I can definetely relate to being insecure. I'm about the same size as you too and once was average size and back than I was as insecure as I am now. I just can't understand how someone could ever be interested in me!! I think you have to focus on the guy, do you really want to meet him? What about him is attractive and so on? Then when you think about it how you feel it is easier to ímagine why he likes you. And believe it!


----------



## RockabillyDoll (Jan 3, 2012)

bbwgatorgirl said:


> I think some of it may also be that they're just meeting me to make fun of me. I had a rough childhood with bullying (as I'm sure many of us did), and that is always in the back of my mind as well. Like, he will show up with his buddies just to laugh at me.



Oh pumpkin!! God can I relate!! In junior high I was bullied so viciously. High school got a little better but there would always be some hot shot guy who would come over to me and try and be all sweet and ask me out. Meanwhile I stare at them and then pointedly look over their shoulder to see their douchebag friends chortling because they think it was funny to dare their friend to ask out "the fat girl." I hate to say it but it still leaves me with a little voice in the back of my head. 

Even now at 27 years old, whenever I'm out and some good looking guy comes over and starts talking to me or straight out asks me on a date. I'm always, without a doubt, searching the room for their cronies somewhere in the room chortling because they bet their friend he couldn't get the fat girl to go on a date with him.

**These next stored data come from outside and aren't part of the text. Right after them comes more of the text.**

-- ===== src/Admin/Allocations/Same.antt =====
-- packages/backend/src/admin/admin-allocations.controller.ts against
-- packages/backend/src/allocations/allocations.service.ts: a query for each port, and one query for all of them.
use nexus_panel.Common.{
  ℕ, ◌+◌, ◌-◌, ltb, nat_eq, ◌≡◌, refl, inl, inr, true, none, List, [], ◌∷◌, arith, Option-cases,
  Bool-cases, any-Has, Has, is_some, All, All-intro,
}
use nexus_panel.Common.Texts.{Text}
use nexus_panel.Database.Entities.{Allocation}
use nexus_panel.Database.Orm.{Orm}
use nexus_panel.Database.Panel.{Panel}
use nexus_panel.Allocations.Service
use nexus_panel.Allocations.Service.{ports_from, has_port, is_existing, ports_of, build}
use nexus_panel.Admin.Allocations.{CreateNodeAllocationsDto, is_at, missing, create}

module _ (orm : Orm) (node_id : Text) (dto : CreateNodeAllocationsDto) where
  port-Has : (t : List Allocation) (a : Allocation) → Has a t → has_port a.port (ports_of t) ≡ true
  port-Has [] a m = absurd m
  port-Has (x ∷ xs) a (inl m) = ground arith
  port-Has (x ∷ xs) a (inr m) = ground (arith, port-Has xs a m)

  Has-port :
      (t : List Allocation) (port : ℕ)
      → has_port port (ports_of t) ≡ true
      → (a : Allocation) × Has a t × (a.port ≡ port)
  Has-port [] port h = cc
  Has-port (x ∷ xs) port h = elim (Bool-cases (nat_eq x.port port)) [
    | inl e ↦ (x, inl refl, ground arith)
    | inr e ↦ let (a, m, q) = Has-port xs port (ground arith) in (a, inr m, q)
  ]

  -- The set of the ports of one query has a port when the query for that port finds a row.
  same_test :
      (t : List Allocation) (ports : List ℕ) (port : ℕ)
      → has_port port ports ≡ true
      → has_port port (ports_of (orm.find (is_existing node_id dto.ip ports) t))
        ≡ is_some (orm.find_one (is_at node_id dto.ip port) t)
  same_test t ports port h =
      let found = orm.find (is_existing node_id dto.ip ports) t in
      elim (Option-cases (orm.find_one (is_at node_id dto.ip port) t)) [
        | inr (a, e) ↦
            let (hit, m) = orm.find_one_some (is_at node_id dto.ip port) t a e in
            let same : a.port ≡ port = ground arith in
            let old : is_existing node_id dto.ip ports a ≡ true = rw same (ground arith) in
            rw (e) (
              rw (← same)
                (port-Has found a (orm.find_complete (is_existing node_id dto.ip ports) t a m old)))
        | inl e ↦ rw (e) (elim (Bool-cases (has_port port (ports_of found))) [
          | inr n ↦ n
          | inl y ↦
              let (a, m, q) = Has-port found port y in
              let (hit, old) = orm.find_sound (is_existing node_id dto.ip ports) t a m in
              let at : is_at node_id dto.ip port a ≡ true = ground arith in
              absurd (
                ground (
                  arith,
                  orm.find_one_none (is_at node_id dto.ip port) t e,
                  any-Has (is_at node_id dto.ip port) t old at,
                ))
        ])
      ]

  same_rows :
      (id_of : ℕ → Text) (now : ℕ) (t : List Allocation) (all ports : List ℕ)
      → dto.ip_alias ≡ none
      → All (λ port. has_port port all ≡ true) ports
      → missing orm node_id dto id_of now t ports
        ≡ build node_id dto.ip id_of now
            (ports_of (orm.find (is_existing node_id dto.ip all) t))
            ports
  unfolding missing build
  same_rows id_of now t all [] n h = refl
  same_rows id_of now t all (port ∷ ports) n (h, hs) =
      rw (same_test t all port h) (rw (n) (rw (same_rows id_of now t all ports n hs) refl))

own_ports : (ports : List ℕ) → All (λ port. has_port port ports ≡ true) ports
own_ports ports =
    All-intro (λ port. has_port port ports ≡ true) ports
      (λ port m. any-Has (λ q. nat_eq q port) ports m (ground arith))

-- Without an alias, the loop of the administrators, which asks for each port whether it is taken, ends as the
-- loop of the service, which asks for all of them at once: with the same answer or exception, and
-- the same panel, whatever rows the queries pick.
pub create-create :
    (orm : Orm) (node_id : Text) (dto : CreateNodeAllocationsDto) (id_of : ℕ → Text) (now : ℕ)
    (p : Panel)
    → dto.ip_alias ≡ none
    → create orm node_id dto id_of now p
      ≡ Service.create orm node_id dto.ip dto.port_start dto.port_end id_of now p
unfolding create Service.create
create-create orm node_id dto id_of now p n =
    let ports = ports_from dto.port_start (dto.port_end - dto.port_start + 1) in
    elim (Bool-cases (ltb dto.port_end dto.port_start)) [
      | inl a ↦ rw (a, create, Service.create) refl
      | inr a ↦ elim (Bool-cases (ltb 1000 (dto.port_end - dto.port_start))) [
        | inl b ↦ rw (a, create, Service.create) (rw (b, create, Service.create) refl)
        | inr b ↦
            rw (a, create, Service.create)
              (rw (b, create, Service.create)
                (rw
                  (same_rows orm node_id dto id_of now p.allocations ports ports n
                    (own_ports ports))
                  refl))
      ]
    ]
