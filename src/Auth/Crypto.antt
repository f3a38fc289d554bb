-- ===== src/Auth/Crypto.antt =====
-- What packages/backend/src/auth uses of bcrypt, @nestjs/jwt, otplib and qrcode.
use nexus_panel.Common.{ℕ, ◌+◌, ◌≤◌, ◌≡◌, Bool, true, Option, some}
use nexus_panel.Common.Texts.{Text}

-- The payload of a token. `purpose` marks the token between the two steps of a login.
pub record Claims : Type 0 where
  pub sub : Text
  pub email : Option Text
  pub root_admin : Option Bool
  pub purpose : Option Text
  pub impersonated_by : Option Text

-- `hash` takes the salt that it draws. A token carries the second it was issued at and a lifetime in
-- seconds; `verify` answers its payload while it is valid, and nothing once it has expired or if the
-- signature is not the panel's. `totp` is `authenticator.verify` at a time in milliseconds.
pub record Crypto : Type 0 where
  pub hash : (salt : Text) (rounds : ℕ) (password : Text) → Text
  pub compare : (password hash : Text) → Bool
  pub sign : (issued_at lifetime : ℕ) → Claims → Text
  pub verify : (now : ℕ) → Text → Option Claims
  pub key_uri : (account issuer secret : Text) → Text
  pub to_data_url : Text → Text
  pub totp : (now : ℕ) (token secret : Text) → Bool
  pub compare_hash :
      (salt : Text) (rounds : ℕ) (password : Text)
      → compare password (hash salt rounds password) ≡ true
  pub verify_sign :
      (issued_at lifetime now : ℕ) (claims : Claims)
      → issued_at ≤ now
      → now + 1 ≤ issued_at + lifetime
      → verify now (sign issued_at lifetime claims) ≡ some claims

It's really hard to adjust I know, but I have to say, I'm agreeing with the men who have posted that tell you the guys are either insecure or they should be looking past your insecurities. I think it's logical for men to understand in our society; there is weight intolerance and most, if not all, bigger women have been made to feel bad about themselves at some point. And because they know this, they should definitely be overlooking your insecurities and instead be offering you reassurance physically and verbally that you are what they want!!


----------



## MaryClaire (Jan 5, 2012)

bbwgatorgirl said:


> So, I'm on POF. I met a guy on there, and we've been talking for about a week and a half. We're friends on facebook, so he's seen all of my good pictures, and my not so good pictures.
> 
> Not necessarily with him, but with any guy I meet online, I always have this fear of meeting him and him thinking I'm too fat. I can't seem to find ANY FA's in my area, so I'm 'stuck' (don't feel stuck, just couldn't think of an appropriate word) dating guys who are with me for my personality, and they seem to just overlook my size (about a 26).
> 
> ...



So how did it go?


----------



## canadianbbw4u (Jan 11, 2012)

bbwgatorgirl said:


> So, I'm on POF. I met a guy on there, and we've been talking for about a week and a half. We're friends on facebook, so he's seen all of my good pictures, and my not so good pictures.
> 
> Not necessarily with him, but with any guy I meet online, I always have this fear of meeting him and him thinking I'm too fat. I can't seem to find ANY FA's in my area, so I'm 'stuck' (don't feel stuck, just couldn't think of an appropriate word) dating guys who are with me for my personality, and they seem to just overlook my size (about a 26).
> 
> ...




I was the same way as you! I live in a smaller city of 25,000people and meeting guys online was hard. But I met my b'f of over 2 years on POF. I had met other guys on there and talked for weeks and once we met it didn't go anywhere. There are all kinds of crazies on there. I was thinking POF was not the place for me when a cute man messaged me. He didn't live in the same city as me but was in town working for a few months so I got to know him and fell in love! He ended up moving here and we live together. 
I think you have to know what you are really looking for when you go on there. Be proud of who you are!! There is the perfect man out there for you. I used to worry about what others thought of me but now I don't give a crap. People can stare and all that but I am who I am and I love me!


----------



## NewfieGal (Feb 10, 2012)

I chuckled to myself as I read your post cause I could see myself writing the same thing... I think it is always more unnerving meeting people when they come from cyber space... I have always been honest about myself and how I look and how I am and when you meet someone in person first you can gage their reaction but getting to know someone online first and then meeting I think is nerve racking, so many things run through my mind, I don't think it is so much an esteem issue its the building up to this point issue and being afraid of being disappointed or disappointing someone you have come to know and like... but it might be the best thing ever so I guess sometimes its worth the nerves right???


----------



## LordQuas (Feb 11, 2012)

Green Eyed Fairy said:


> Who wants the nightmare of a guy telling you that you are bigger than he expected?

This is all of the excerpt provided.